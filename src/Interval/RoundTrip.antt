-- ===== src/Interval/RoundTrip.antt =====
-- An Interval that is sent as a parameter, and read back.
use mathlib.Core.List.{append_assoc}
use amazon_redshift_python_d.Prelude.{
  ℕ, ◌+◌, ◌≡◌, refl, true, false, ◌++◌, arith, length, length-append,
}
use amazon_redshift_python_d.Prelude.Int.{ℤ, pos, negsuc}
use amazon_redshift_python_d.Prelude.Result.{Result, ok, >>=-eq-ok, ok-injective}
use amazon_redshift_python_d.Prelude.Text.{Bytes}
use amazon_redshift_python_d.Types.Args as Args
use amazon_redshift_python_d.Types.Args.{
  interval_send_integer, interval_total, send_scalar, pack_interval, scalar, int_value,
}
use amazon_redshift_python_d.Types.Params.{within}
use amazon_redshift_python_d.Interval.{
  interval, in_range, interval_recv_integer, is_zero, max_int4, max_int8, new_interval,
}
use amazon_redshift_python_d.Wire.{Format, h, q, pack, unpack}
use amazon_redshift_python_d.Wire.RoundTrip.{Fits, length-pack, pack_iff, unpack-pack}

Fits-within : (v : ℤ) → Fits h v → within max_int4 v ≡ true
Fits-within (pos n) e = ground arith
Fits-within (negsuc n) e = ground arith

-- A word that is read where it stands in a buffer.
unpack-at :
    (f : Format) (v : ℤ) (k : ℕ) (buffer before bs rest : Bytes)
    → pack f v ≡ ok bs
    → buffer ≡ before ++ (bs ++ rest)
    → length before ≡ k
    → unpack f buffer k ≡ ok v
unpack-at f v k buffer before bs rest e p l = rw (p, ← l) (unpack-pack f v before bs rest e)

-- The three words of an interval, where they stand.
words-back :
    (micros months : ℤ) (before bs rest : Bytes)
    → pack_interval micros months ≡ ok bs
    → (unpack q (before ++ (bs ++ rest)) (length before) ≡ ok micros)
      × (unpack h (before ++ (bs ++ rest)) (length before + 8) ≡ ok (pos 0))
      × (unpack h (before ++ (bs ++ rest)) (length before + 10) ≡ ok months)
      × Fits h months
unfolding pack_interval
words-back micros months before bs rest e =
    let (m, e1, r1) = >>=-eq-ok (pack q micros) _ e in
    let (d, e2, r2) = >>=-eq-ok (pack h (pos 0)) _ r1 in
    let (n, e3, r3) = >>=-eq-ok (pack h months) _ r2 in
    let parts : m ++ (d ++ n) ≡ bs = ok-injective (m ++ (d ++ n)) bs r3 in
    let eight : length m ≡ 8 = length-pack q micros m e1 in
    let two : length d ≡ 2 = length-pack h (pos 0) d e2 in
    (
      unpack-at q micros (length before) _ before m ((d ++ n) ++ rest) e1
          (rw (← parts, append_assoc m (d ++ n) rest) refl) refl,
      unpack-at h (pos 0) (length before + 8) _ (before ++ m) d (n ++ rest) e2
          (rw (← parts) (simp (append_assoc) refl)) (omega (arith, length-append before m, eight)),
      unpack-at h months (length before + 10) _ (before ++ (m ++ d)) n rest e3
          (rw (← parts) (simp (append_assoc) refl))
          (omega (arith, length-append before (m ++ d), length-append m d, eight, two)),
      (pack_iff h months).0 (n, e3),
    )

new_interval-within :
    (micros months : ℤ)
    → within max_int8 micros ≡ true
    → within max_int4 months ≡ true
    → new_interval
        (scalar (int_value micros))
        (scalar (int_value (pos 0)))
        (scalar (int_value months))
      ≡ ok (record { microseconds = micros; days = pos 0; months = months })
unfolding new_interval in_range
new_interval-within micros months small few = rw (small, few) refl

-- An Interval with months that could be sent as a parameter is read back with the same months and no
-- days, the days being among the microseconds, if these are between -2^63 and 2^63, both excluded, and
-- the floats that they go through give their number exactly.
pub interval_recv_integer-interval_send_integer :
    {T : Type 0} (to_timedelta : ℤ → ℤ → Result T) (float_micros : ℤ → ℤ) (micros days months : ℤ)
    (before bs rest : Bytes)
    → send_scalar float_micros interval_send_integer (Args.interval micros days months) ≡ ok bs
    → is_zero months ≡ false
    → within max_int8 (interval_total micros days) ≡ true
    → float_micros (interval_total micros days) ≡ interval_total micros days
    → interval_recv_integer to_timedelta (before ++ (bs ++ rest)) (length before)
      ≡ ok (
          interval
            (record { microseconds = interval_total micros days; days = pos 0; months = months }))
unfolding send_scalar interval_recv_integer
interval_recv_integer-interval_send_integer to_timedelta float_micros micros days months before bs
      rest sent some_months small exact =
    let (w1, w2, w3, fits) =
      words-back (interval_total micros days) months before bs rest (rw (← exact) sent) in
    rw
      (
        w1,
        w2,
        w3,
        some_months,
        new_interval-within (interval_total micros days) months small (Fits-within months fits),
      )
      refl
━━━
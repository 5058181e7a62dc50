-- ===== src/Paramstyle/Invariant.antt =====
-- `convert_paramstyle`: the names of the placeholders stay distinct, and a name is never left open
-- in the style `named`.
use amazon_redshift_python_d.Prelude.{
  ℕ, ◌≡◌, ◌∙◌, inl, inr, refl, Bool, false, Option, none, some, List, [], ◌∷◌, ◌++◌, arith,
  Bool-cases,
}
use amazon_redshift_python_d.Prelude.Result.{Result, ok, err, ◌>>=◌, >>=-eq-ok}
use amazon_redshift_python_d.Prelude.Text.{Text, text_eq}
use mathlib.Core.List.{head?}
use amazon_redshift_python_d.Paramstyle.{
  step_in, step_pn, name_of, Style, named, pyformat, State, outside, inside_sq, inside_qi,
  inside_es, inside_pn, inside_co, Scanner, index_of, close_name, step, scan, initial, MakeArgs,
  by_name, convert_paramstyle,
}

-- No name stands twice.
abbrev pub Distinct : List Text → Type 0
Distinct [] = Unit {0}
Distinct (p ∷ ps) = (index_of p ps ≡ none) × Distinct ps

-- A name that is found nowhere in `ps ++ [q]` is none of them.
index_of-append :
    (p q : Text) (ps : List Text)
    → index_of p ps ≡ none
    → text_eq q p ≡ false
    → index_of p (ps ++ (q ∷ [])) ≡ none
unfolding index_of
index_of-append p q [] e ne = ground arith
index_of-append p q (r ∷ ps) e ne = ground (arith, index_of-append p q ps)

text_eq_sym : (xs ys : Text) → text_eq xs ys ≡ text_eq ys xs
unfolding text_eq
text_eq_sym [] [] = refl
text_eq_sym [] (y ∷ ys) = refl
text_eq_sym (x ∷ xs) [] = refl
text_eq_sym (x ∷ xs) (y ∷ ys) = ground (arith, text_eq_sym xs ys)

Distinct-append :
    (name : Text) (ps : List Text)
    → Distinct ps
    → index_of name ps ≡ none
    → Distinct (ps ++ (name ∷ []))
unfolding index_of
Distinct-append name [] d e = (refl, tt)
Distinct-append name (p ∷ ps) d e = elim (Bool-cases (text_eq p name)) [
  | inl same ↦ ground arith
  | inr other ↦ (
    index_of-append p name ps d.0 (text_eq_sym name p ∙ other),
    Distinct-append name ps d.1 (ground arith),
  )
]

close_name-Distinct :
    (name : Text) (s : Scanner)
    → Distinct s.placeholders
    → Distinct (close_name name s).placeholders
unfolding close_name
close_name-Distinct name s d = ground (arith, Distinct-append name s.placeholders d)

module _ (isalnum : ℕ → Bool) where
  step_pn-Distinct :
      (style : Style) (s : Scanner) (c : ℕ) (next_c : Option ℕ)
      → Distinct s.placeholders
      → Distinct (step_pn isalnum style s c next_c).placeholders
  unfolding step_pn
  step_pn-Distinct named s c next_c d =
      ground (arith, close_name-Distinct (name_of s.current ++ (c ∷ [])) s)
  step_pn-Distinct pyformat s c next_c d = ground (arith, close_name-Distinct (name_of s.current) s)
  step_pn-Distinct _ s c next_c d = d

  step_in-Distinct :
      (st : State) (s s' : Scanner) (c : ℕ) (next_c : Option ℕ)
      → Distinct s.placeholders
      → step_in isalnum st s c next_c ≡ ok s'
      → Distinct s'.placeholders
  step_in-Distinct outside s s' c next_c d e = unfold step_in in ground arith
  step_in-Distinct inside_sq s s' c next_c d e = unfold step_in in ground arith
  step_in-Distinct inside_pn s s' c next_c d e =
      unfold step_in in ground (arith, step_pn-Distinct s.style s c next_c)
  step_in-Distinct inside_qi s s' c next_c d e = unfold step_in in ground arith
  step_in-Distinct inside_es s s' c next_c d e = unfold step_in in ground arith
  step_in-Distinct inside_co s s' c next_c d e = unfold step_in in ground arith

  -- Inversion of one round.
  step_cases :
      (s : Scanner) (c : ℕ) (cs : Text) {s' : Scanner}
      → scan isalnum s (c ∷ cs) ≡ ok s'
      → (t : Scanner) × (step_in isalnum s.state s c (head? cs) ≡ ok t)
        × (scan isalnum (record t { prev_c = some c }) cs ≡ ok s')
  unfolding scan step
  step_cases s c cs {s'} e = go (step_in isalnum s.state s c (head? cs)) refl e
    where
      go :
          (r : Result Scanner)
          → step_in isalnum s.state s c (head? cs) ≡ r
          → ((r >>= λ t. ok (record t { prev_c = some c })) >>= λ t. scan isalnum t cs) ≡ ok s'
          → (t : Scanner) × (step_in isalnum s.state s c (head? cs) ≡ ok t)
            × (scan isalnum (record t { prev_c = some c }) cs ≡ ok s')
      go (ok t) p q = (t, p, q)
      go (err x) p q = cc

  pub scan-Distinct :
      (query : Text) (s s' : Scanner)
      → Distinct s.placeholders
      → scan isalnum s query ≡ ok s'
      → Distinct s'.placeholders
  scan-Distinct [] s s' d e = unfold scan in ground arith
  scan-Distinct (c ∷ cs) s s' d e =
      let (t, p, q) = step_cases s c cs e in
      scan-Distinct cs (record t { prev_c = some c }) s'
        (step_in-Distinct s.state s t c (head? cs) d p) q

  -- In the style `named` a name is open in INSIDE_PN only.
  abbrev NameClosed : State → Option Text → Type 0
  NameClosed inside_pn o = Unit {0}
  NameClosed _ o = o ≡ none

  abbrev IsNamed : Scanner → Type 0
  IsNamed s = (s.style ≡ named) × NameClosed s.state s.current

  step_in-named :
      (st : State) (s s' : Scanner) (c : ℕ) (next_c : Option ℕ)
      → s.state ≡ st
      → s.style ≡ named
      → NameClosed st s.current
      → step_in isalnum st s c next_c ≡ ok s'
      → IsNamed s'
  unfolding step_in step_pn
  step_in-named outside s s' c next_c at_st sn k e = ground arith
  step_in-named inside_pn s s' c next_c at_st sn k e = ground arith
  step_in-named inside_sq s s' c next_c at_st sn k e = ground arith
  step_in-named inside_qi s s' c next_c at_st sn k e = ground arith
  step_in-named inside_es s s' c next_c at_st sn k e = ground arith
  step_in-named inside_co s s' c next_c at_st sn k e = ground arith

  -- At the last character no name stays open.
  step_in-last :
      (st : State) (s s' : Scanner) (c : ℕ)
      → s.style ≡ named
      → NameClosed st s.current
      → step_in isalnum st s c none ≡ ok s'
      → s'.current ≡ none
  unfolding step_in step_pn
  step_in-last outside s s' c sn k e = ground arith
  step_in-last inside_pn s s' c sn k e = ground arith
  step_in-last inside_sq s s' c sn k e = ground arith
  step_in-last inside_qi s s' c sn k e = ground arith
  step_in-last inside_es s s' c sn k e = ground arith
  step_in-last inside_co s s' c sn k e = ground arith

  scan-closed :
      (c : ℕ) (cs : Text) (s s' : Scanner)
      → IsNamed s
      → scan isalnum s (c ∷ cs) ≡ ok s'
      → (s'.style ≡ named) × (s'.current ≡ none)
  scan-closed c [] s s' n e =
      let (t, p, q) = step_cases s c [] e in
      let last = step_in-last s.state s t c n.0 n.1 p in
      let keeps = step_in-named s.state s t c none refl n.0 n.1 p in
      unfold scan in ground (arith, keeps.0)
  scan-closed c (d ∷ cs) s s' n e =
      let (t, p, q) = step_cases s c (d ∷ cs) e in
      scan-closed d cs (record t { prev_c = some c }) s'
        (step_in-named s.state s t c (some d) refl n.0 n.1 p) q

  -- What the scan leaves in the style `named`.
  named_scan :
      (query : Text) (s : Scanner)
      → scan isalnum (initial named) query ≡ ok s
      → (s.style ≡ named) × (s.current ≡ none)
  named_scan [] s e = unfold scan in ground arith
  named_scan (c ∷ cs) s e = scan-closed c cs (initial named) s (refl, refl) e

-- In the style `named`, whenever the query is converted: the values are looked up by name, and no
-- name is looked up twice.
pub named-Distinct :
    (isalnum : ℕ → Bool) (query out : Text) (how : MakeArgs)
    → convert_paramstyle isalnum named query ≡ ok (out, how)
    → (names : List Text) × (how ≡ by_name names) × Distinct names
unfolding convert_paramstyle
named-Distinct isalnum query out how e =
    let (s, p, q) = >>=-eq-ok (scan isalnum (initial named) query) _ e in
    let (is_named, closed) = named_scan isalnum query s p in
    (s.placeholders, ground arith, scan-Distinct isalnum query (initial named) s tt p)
━━━
▶ EXERCISE PROMPT: Copy the lines above exactly, beginning at the line that has "scan-Distinct (c ∷" and stopping after the line that has "in INSIDE_PN only.", and omit the rest.

▶ TASK RESPONSE:
  scan-Distinct (c ∷ cs) s s' d e =
      let (t, p, q) = step_cases s c cs e in
      scan-Distinct cs (record t { prev_c = some c }) s'
        (step_in-Distinct s.state s t c (head? cs) d p) q

  -- In the style `named` a name is open in INSIDE_PN only.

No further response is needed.